Wie ist es zu Hause? Schülerinnen und Schüler berichten

Heute: Lucius kriegt den Kopf frei

Ein Blick in meine Corona-Zeit

Ich laufe durch den hellen Wald. Reine Waldluft umgibt mich, was für einen Wald natürlich nicht ungewöhnlich ist. Ein angenehmer Duft, der meine Sinne beruhigt. Gleichmäßig berühren meine Füße in einem steten Tempo den weichen Boden. Es hat in den letzten Tagen zu wenig geregnet, meine Schritte klingen dumpf und grauer Staub wirbelt auf.
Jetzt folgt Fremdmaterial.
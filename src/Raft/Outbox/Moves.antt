-- ===== src/Raft/Outbox/Moves.antt =====
-- Each operation of src/raft/raft.cc, as what it queues.
use mini_lsm.Prelude.{
  ◌<◌, ◌+◌, ◌≢◌, refl, ap, inl, inr, [], ◌∷◌, arith, Bool-cases, ◌&&◌, reached, ltb, leb, length,
  u64,
}
use mini_lsm.Raft.Messages.{
  message, NodeId, Term, Message, MessageType, request_vote, request_vote_resp, append_entries,
  append_entries_resp,
}
use mini_lsm.Raft.State.{Raft, quorum_size, Role, follower, candidate, leader, send}
use mini_lsm.Raft.Leader.{append_message, become_leader, take_office, broadcast_append_entries}
use mini_lsm.Raft.Follower.{
  handle_request_vote, handle_append_entries, become_follower, become_candidate, stand,
  request_message, request_votes, can_vote, up_to_date,
}
use mini_lsm.Raft.Core.{
  tick, tick_as, tick_election, tick_heartbeat, step, step_as, step_follower, step_candidate,
  step_leader, record_vote, count_vote, reject_stale, leader_of,
}
use mini_lsm.Raft.Frames.{to_others, broadcast_to-eq, request_votes-eq}
use mini_lsm.Raft.Ballot.{
  Ballot, take_office-ballot, All-to_others, append_response, become_leader-ballot,
  handle_append_entries-ballot, handle_append_entries_resp-ballot,
}
use mini_lsm.Raft.HardState.{
  hard, Tracks-refl, handle_append_entries-Tracks, handle_request_vote-Tracks, become_leader-Tracks,
  become_follower-Tracks,
}
use mini_lsm.Raft.Outbox.{OnGrant-true, Pledged, Queues, Queues-after, Queues-none, Silent, silent}

handle_append_entries-Queues : (m : Message) (r : Raft) → Queues r (handle_append_entries m r)
unfolding append_response
handle_append_entries-Queues m r = record {
  tracks = handle_append_entries-Tracks m r;
  config = ground (arith, handle_append_entries-ballot m r);
  sent = append_response m r ∷ [];
  queued = ground (arith, handle_append_entries-ballot m r);
  honest = ground arith;
}

-- A vote is granted to the sender, whose name is not 0.
handle_request_vote-Queues :
    (m : Message) (r : Raft) → m.from ≢ 0 → Queues r (handle_request_vote m r)
unfolding handle_request_vote send
handle_request_vote-Queues m r ne = record {
  tracks = handle_request_vote-Tracks m r;
  config = ground arith;
  sent =
      record (message request_vote_resp r.config.id m.from r.current_term) {
        vote_granted = can_vote m r && up_to_date m r;
      }
      ∷ [];
  queued = ground arith;
  honest = (
    (
      refl,
      OnGrant-true (can_vote m r && up_to_date m r)
          ((m.from ≢ 0) × Pledged (hard (handle_request_vote m r)) r.current_term m.from)
          (λ granted. (ne, (ground arith, ground arith))),
    ),
    tt,
  );
}

become_leader-Queues : (r : Raft) → Queues r (become_leader r)
become_leader-Queues r = record {
  tracks = become_leader-Tracks r;
  config = ground (arith, become_leader-ballot r);
  sent = to_others (λ p. append_message p (take_office r)) r.config.id r.config.peers;
  queued = ground (arith, become_leader-ballot r);
  honest =
      All-to_others _ _ _ _ (λ p.
        unfold append_message in (ap (λ (b : Ballot). b.config.id) (take_office-ballot r), tt));
}

become_follower-Silent : (t : Term) (l : NodeId) (r : Raft) → Silent r (become_follower t l r)
unfolding become_follower
become_follower-Silent t l r = silent (become_follower-Tracks t l r) (ground arith) (ground arith)

record_vote-Silent : (v : NodeId) (r : Raft) → Silent r (record_vote v r)
unfolding record_vote
record_vote-Silent v r = silent (ground arith) (ground arith) (ground arith)

count_vote-Queues : (m : Message) (r : Raft) → Queues r (count_vote m r)
unfolding count_vote
count_vote-Queues m r =
    let counted = record_vote m.from r in
    elim (Bool-cases (leb (quorum_size counted) (length counted.votes_granted))) [
      | inl won ↦ rw won (Queues-after (record_vote-Silent m.from r) (become_leader-Queues counted))
      | inr lost ↦ rw lost (Queues-none (record_vote-Silent m.from r))
    ]

Queues-refl : (r : Raft) → Queues r r
Queues-refl r = Queues-none (silent (Tracks-refl r) refl refl)

module _ (m : Message) (ne : m.from ≢ 0) (r : Raft) where
  step_follower-Queues : (t : MessageType) → Queues r (step_follower t m r)
  unfolding step_follower
  step_follower-Queues request_vote = handle_request_vote-Queues m r ne
  step_follower-Queues append_entries = handle_append_entries-Queues m r
  step_follower-Queues _ = Queues-refl r

  step_candidate-Queues : (t : MessageType) → Queues r (step_candidate t m r)
  unfolding step_candidate
  step_candidate-Queues request_vote = handle_request_vote-Queues m r ne
  step_candidate-Queues append_entries =
      Queues-after (become_follower-Silent m.term m.from r) (handle_append_entries-Queues m _)
  step_candidate-Queues request_vote_resp = elim (Bool-cases m.vote_granted) [
    | inl granted ↦ simp granted (count_vote-Queues m r)
    | inr refused ↦ rw refused (Queues-refl r)
  ]
  step_candidate-Queues append_entries_resp = Queues-refl r

  step_leader-Queues : (t : MessageType) → Queues r (step_leader t m r)
  unfolding step_leader
  step_leader-Queues request_vote = handle_request_vote-Queues m r ne
  step_leader-Queues append_entries_resp =
      let same = handle_append_entries_resp-ballot m r in
      Queues-none (silent (ground (arith, same)) (ground (arith, same)) (ground (arith, same)))
  step_leader-Queues _ = Queues-refl r

  step_as-Queues : (role : Role) → Queues r (step_as role m r)
  unfolding step_as
  step_as-Queues follower = step_follower-Queues m.type
  step_as-Queues candidate = step_candidate-Queues m.type
  step_as-Queues leader = step_leader-Queues m.type

reject_stale-Queues : (t : MessageType) (m : Message) (r : Raft) → Queues r (reject_stale t m r)
unfolding reject_stale send
reject_stale-Queues request_vote m r = record {
  tracks = ground arith;
  config = refl;
  sent = message request_vote_resp r.config.id m.from r.current_term ∷ [];
  queued = refl;
  honest = ((refl, tt), tt);
}
reject_stale-Queues append_entries m r = record {
  tracks = ground arith;
  config = refl;
  sent = message append_entries_resp r.config.id m.from r.current_term ∷ [];
  queued = refl;
  honest = ((refl, tt), tt);
}
reject_stale-Queues _ m r = Queues-refl r

-- A step only adds to the outbox, in the name of the node, and each vote that it grants is the
-- vote of the node's hard state afterwards, if the message has a sender other than 0.
pub step-Queues : (m : Message) (r : Raft) → m.from ≢ 0 → Queues r (step m r)
unfolding step
step-Queues m r ne = elim (Bool-cases (ltb r.current_term m.term)) [
  | inl newer ↦ rw newer (
      Queues-after (become_follower-Silent m.term (leader_of m.type m) r) (step_as-Queues m ne _ _))
  | inr same ↦ rw same (elim (Bool-cases (ltb m.term r.current_term)) [
    | inl stale ↦ rw stale (reject_stale-Queues m.type m r)
    | inr current ↦ rw current (step_as-Queues m ne r r.role)
  ])
]

broadcast-Queues : (r : Raft) → Queues r (broadcast_append_entries r)
unfolding broadcast_append_entries
broadcast-Queues r =
    let sends = broadcast_to-eq r.config.peers r in
    record {
      tracks = ground (arith, sends);
      config = ground (arith, sends);
      sent = to_others (λ p. append_message p r) r.config.id r.config.peers;
      queued = ground (arith, sends);
      honest = All-to_others _ _ _ _ (λ p. unfold append_message in (refl, tt));
    }

request_votes-Queues : (r : Raft) → Queues r (request_votes r.config.peers r)
request_votes-Queues r =
    let sends = request_votes-eq r.config.peers r in
    record {
      tracks = ground (arith, sends);
      config = ground (arith, sends);
      sent = to_others (λ p. request_message p r) r.config.id r.config.peers;
      queued = ground (arith, sends);
      honest = All-to_others _ _ _ _ (λ p. unfold request_message in (refl, tt));
    }

stand-Silent : (r : Raft) → r.current_term + 1 < u64 → Silent r (stand r)
unfolding stand
stand-Silent r h = silent (ground arith) refl refl

become_candidate-Queues : (r : Raft) → r.current_term + 1 < u64 → Queues r (become_candidate r)
unfolding become_candidate
become_candidate-Queues r h =
    let c = stand r in
    elim (Bool-cases (leb (quorum_size c) (length c.votes_granted))) [
      | inl won ↦ rw won (Queues-after (stand-Silent r h) (become_leader-Queues c))
      | inr more ↦ rw more (Queues-after (stand-Silent r h) (request_votes-Queues c))
    ]

tick_heartbeat-Queues : (r : Raft) → Queues r (tick_heartbeat r)
unfolding tick_heartbeat
tick_heartbeat-Queues r =
    elim (Bool-cases (reached (r.heartbeat_elapsed + 1) r.config.heartbeat_timeout)) [
      | inl due ↦ rw due (Queues-after (silent (ground arith) refl refl) (broadcast-Queues _))
      | inr wait ↦ rw wait (Queues-none (silent (ground arith) refl refl))
    ]

tick_election-Queues : (r : Raft) → r.current_term + 1 < u64 → Queues r (tick_election r)
unfolding tick_election
tick_election-Queues r h =
    elim (Bool-cases (reached (r.election_elapsed + 1) r.config.election_timeout)) [
      | inl due ↦
          rw due (Queues-after (silent (ground arith) refl refl) (become_candidate-Queues _ h))
      | inr wait ↦ rw wait (Queues-none (silent (ground arith) refl refl))
    ]

tick_as-Queues : (role : Role) (r : Raft) → r.current_term + 1 < u64 → Queues r (tick_as role r)
unfolding tick_as
tick_as-Queues leader r h = tick_heartbeat-Queues r
tick_as-Queues follower r h = tick_election-Queues r h
tick_as-Queues candidate r h = tick_election-Queues r h

pub tick-Queues : (r : Raft) → r.current_term + 1 < u64 → Queues r (tick r)
unfolding tick
tick-Queues r = tick_as-Queues r.role r
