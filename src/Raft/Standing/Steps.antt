-- ===== src/Raft/Standing/Steps.antt =====
-- The claim to office under `Step` and `Tick` of src/raft/raft.cc.
use mini_lsm.Prelude.{
  ◌+◌, ◌≡◌, ◌≢◌, refl, sym, subst, inl, inr, true, arith, Bool-cases, ltb, leb, length, reached,
}
use mini_lsm.Raft.Messages.{
  NodeId, Term, Message, MessageType, request_vote, request_vote_resp, append_entries,
  append_entries_resp,
}
use mini_lsm.Raft.State.{Raft, Role, follower, candidate, leader, quorum_size}
use mini_lsm.Raft.Leader.{broadcast_append_entries}
use mini_lsm.Raft.Follower.{become_follower, become_candidate, stand}
use mini_lsm.Raft.Core.{
  tick, tick_as, tick_election, tick_heartbeat, step, step_as, step_follower, step_candidate,
  step_leader, has_vote, leader_of,
}
use mini_lsm.Raft.Frames.{broadcast_to-eq, request_votes-eq}
use mini_lsm.Raft.Outbox.{OnGrant}
use mini_lsm.Raft.Standing.{
  IsElectorate, Standing, IsStanding, request_vote-IsStanding,
  handle_append_entries_resp-IsStanding, handle_append_entries-IsStanding, count_vote-IsStanding,
  become_follower-IsStanding, reject_stale-IsStanding, become_leader-IsStanding,
}

-- A message of the node's own term: a granted vote in it has evidence, and comes from a peer.
module _ (voter : NodeId → Term → Type 0) (m : Message) (r : Raft) (ne : r.config.id ≢ 0)
    (from : OnGrant m.type m.vote_granted
      ((has_vote m.from r.config.peers ≡ true) × voter m.from r.current_term)) where
  step_follower-IsStanding :
      (t : MessageType) → IsStanding voter r → IsStanding voter (step_follower t m r)
  unfolding step_follower
  step_follower-IsStanding request_vote h = request_vote-IsStanding voter m r ne h
  step_follower-IsStanding append_entries h = handle_append_entries-IsStanding voter m r h
  step_follower-IsStanding _ h = h

  granted_vote :
      m.type ≡ request_vote_resp
      → m.vote_granted ≡ true
      → (has_vote m.from r.config.peers ≡ true) × voter m.from r.current_term
  granted_vote e g =
      subst
        (λ x.
          OnGrant x true ((has_vote m.from r.config.peers ≡ true) × voter m.from r.current_term))
        e
        (subst
          (λ x.
            OnGrant m.type x
              ((has_vote m.from r.config.peers ≡ true) × voter m.from r.current_term))
          g from)

  step_candidate-IsStanding :
      (t : MessageType)
      → m.type ≡ t
      → r.role ≡ candidate
      → IsStanding voter r
      → IsStanding voter (step_candidate t m r)
  unfolding step_candidate
  step_candidate-IsStanding request_vote k e h = request_vote-IsStanding voter m r ne h
  step_candidate-IsStanding append_entries k e h =
      handle_append_entries-IsStanding voter m (become_follower m.term m.from r)
        (become_follower-IsStanding voter m.term m.from r)
  step_candidate-IsStanding request_vote_resp k e h = elim (Bool-cases m.vote_granted) [
    | inl granted ↦
        let v = granted_vote k granted in
        simp granted (
          count_vote-IsStanding voter m r v.0 v.1 e
            (subst (λ x. Standing voter r.config x r.current_term r.voted_for r.votes_granted) e h))
    | inr refused ↦ simp refused h
  ]
  step_candidate-IsStanding append_entries_resp k e h = h

  step_leader-IsStanding :
      (t : MessageType) → IsStanding voter r → IsStanding voter (step_leader t m r)
  unfolding step_leader
  step_leader-IsStanding request_vote h = request_vote-IsStanding voter m r ne h
  step_leader-IsStanding append_entries_resp h = handle_append_entries_resp-IsStanding voter m r h
  step_leader-IsStanding _ h = h

  pub step_as-IsStanding :
      (role : Role) → r.role ≡ role → IsStanding voter r → IsStanding voter (step_as role m r)
  unfolding step_as
  step_as-IsStanding follower e h = step_follower-IsStanding m.type h
  step_as-IsStanding candidate e h = step_candidate-IsStanding m.type refl e h
  step_as-IsStanding leader e h = step_leader-IsStanding m.type h

module _ (voter : NodeId → Term → Type 0) (m : Message) (r : Raft) (ne : r.config.id ≢ 0)
    (from : OnGrant m.type m.vote_granted
      ((has_vote m.from r.config.peers ≡ true) × voter m.from m.term)) where
  step_current-IsStanding :
      m.term ≡ r.current_term → IsStanding voter r → IsStanding voter (step_as r.role m r)
  step_current-IsStanding e =
      step_as-IsStanding voter m r ne
        (subst
          (λ t.
            OnGrant m.type m.vote_granted
              ((has_vote m.from r.config.peers ≡ true) × voter m.from t))
          e from)
        r.role refl

  down : Raft
  unfolding become_follower
  down = become_follower m.term (leader_of m.type m) r

  down-config : (down.config ≡ r.config)
  unfolding down
  down-config = ground arith

  down-term : ltb r.current_term m.term ≡ true → down.current_term ≡ m.term
  unfolding down
  down-term newer = ground arith

  step_down-IsStanding :
      ltb r.current_term m.term ≡ true → IsStanding voter (step_as down.role m down)
  step_down-IsStanding newer =
      step_as-IsStanding voter m down (rw down-config ne) (rw (down-config, down-term newer) from)
        down.role refl (unfold down in tt)

  -- A step keeps the claim to office, if a granted vote of a current term that arrives has evidence
  -- behind it: the votes of a candidate or leader are from distinct peers, each with evidence, and a
  -- leader has a majority.
  pub step-IsStanding : IsStanding voter r → IsStanding voter (step m r)
  unfolding step
  step-IsStanding h = elim (Bool-cases (ltb r.current_term m.term)) [
    | inl newer ↦ rw newer (unfold down in step_down-IsStanding newer)
    | inr same ↦ rw same (elim (Bool-cases (ltb m.term r.current_term)) [
      | inl stale ↦ rw stale (reject_stale-IsStanding voter m.type m r h)
      | inr current ↦ rw current (step_current-IsStanding (ground arith) h)
    ])
  ]

become_candidate-IsStanding :
    (voter : NodeId → Term → Type 0) (r : Raft)
    → has_vote r.config.id r.config.peers ≡ true
    → IsStanding voter (become_candidate r)
unfolding become_candidate stand has_vote quorum_size
become_candidate-IsStanding voter r known =
    let c = stand r in
    let own : IsElectorate voter r.config c.current_term c.votes_granted =
      (((known, inl refl), tt), (refl, tt)) in
    elim (Bool-cases (leb (quorum_size c) (length c.votes_granted))) [
      | inl won ↦ rw won (become_leader-IsStanding voter c (refl, own, ground arith))
      | inr more ↦
          rw more
            (subst (λ x. IsStanding voter x) (sym (request_votes-eq c.config.peers c)) (refl, own))
    ]

tick_heartbeat-IsStanding :
    (voter : NodeId → Term → Type 0) (r : Raft)
    → IsStanding voter r
    → IsStanding voter (tick_heartbeat r)
unfolding tick_heartbeat broadcast_append_entries
tick_heartbeat-IsStanding voter r h =
    elim (Bool-cases (reached (r.heartbeat_elapsed + 1) r.config.heartbeat_timeout)) [
      | inl due ↦ rw due (
          subst (λ x. IsStanding voter x)
            (sym (broadcast_to-eq r.config.peers (record r { heartbeat_elapsed = 0 }))) h)
      | inr wait ↦ rw wait h
    ]

tick_election-IsStanding :
    (voter : NodeId → Term → Type 0) (r : Raft)
    → has_vote r.config.id r.config.peers ≡ true
    → IsStanding voter r
    → IsStanding voter (tick_election r)
unfolding tick_election
tick_election-IsStanding voter r known h =
    elim (Bool-cases (reached (r.election_elapsed + 1) r.config.election_timeout)) [
      | inl due ↦ rw due (become_candidate-IsStanding voter _ known)
      | inr wait ↦ rw wait h
    ]

tick_as-IsStanding :
    (voter : NodeId → Term → Type 0) (role : Role) (r : Raft)
    → has_vote r.config.id r.config.peers ≡ true
    → IsStanding voter r
    → IsStanding voter (tick_as role r)
unfolding tick_as
tick_as-IsStanding voter leader r known h = tick_heartbeat-IsStanding voter r h
tick_as-IsStanding voter follower r known h = tick_election-IsStanding voter r known h
tick_as-IsStanding voter candidate r known h = tick_election-IsStanding voter r known h

pub tick-IsStanding :
    (voter : NodeId → Term → Type 0) (r : Raft)
    → has_vote r.config.id r.config.peers ≡ true
    → IsStanding voter r
    → IsStanding voter (tick r)
unfolding tick
tick-IsStanding voter r = tick_as-IsStanding voter r.role r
Doch das gleichmäßige, fast monotone Tempo tut mir gut. Es lenkt mich vom Lernen ab und macht meinen Kopf frei. Die Tage beginnen immer gleich. Ich stehe auf, ziehe mich an, schaue meine Aufgaben durch. Was muss noch erledigt werden? Was ist schon erledigt und kann abgehakt werden? Ich treffe meine Auswahl und beginne mit der Arbeit. Eine gefühlte Ewigkeit schreibe ich die Vokabeln auf weiße Karteikärtchen. Doch dann sind sie immer noch nicht in meinem Kopf. Der immer gleiche Blick aus meinem Fenster offenbart keine Anregung für meine Gedanken. Derselbe Nachbar wie immer sitzt an derselben Stelle wie immer auf seinem Balkon und macht wie immer dasselbe, nämlich rauchen. Also zurück zu den langweiligen Vokabeln. Sie sind immer noch nicht weniger geworden. Der winzige Stapel mit den gelernten Vokabeln wächst nur langsam, während sich die noch nicht gelernten gefühlt vermehren. Der Gedanke daran, dass meine Eltern unzufrieden mit meiner heutigen Lernleistung werden könnten, lässt mich unruhig werden. Das macht das Lernen noch weniger leidlich. Der gutgemeinte Ratschlag meiner Eltern für solche Situationen ist: Rausgehen und Sport machen. Also laufe ich. Es ist angenehm. Ich spüre die Wärme der Sonne auf der Haut meiner Arme und des Gesichts. Das Licht ist golden, doch wenn die Blätter dichter werden, verwandelt es sich in ein zartes Grün. Beide Farben gefallen mir sehr gut. Sie sind ruhig. Der Wald tut mir gut, doch ich höre ihn nicht. In meinen Ohren läuft meine eigene Musik. Mein Geist fährt runter und ich konzentriere mich nur noch auf meine Melodie und das stete Trommeln meiner Schritte. Das Denken und der Druck werden langsamer und leichter. Bald kann ich Weiterlernen.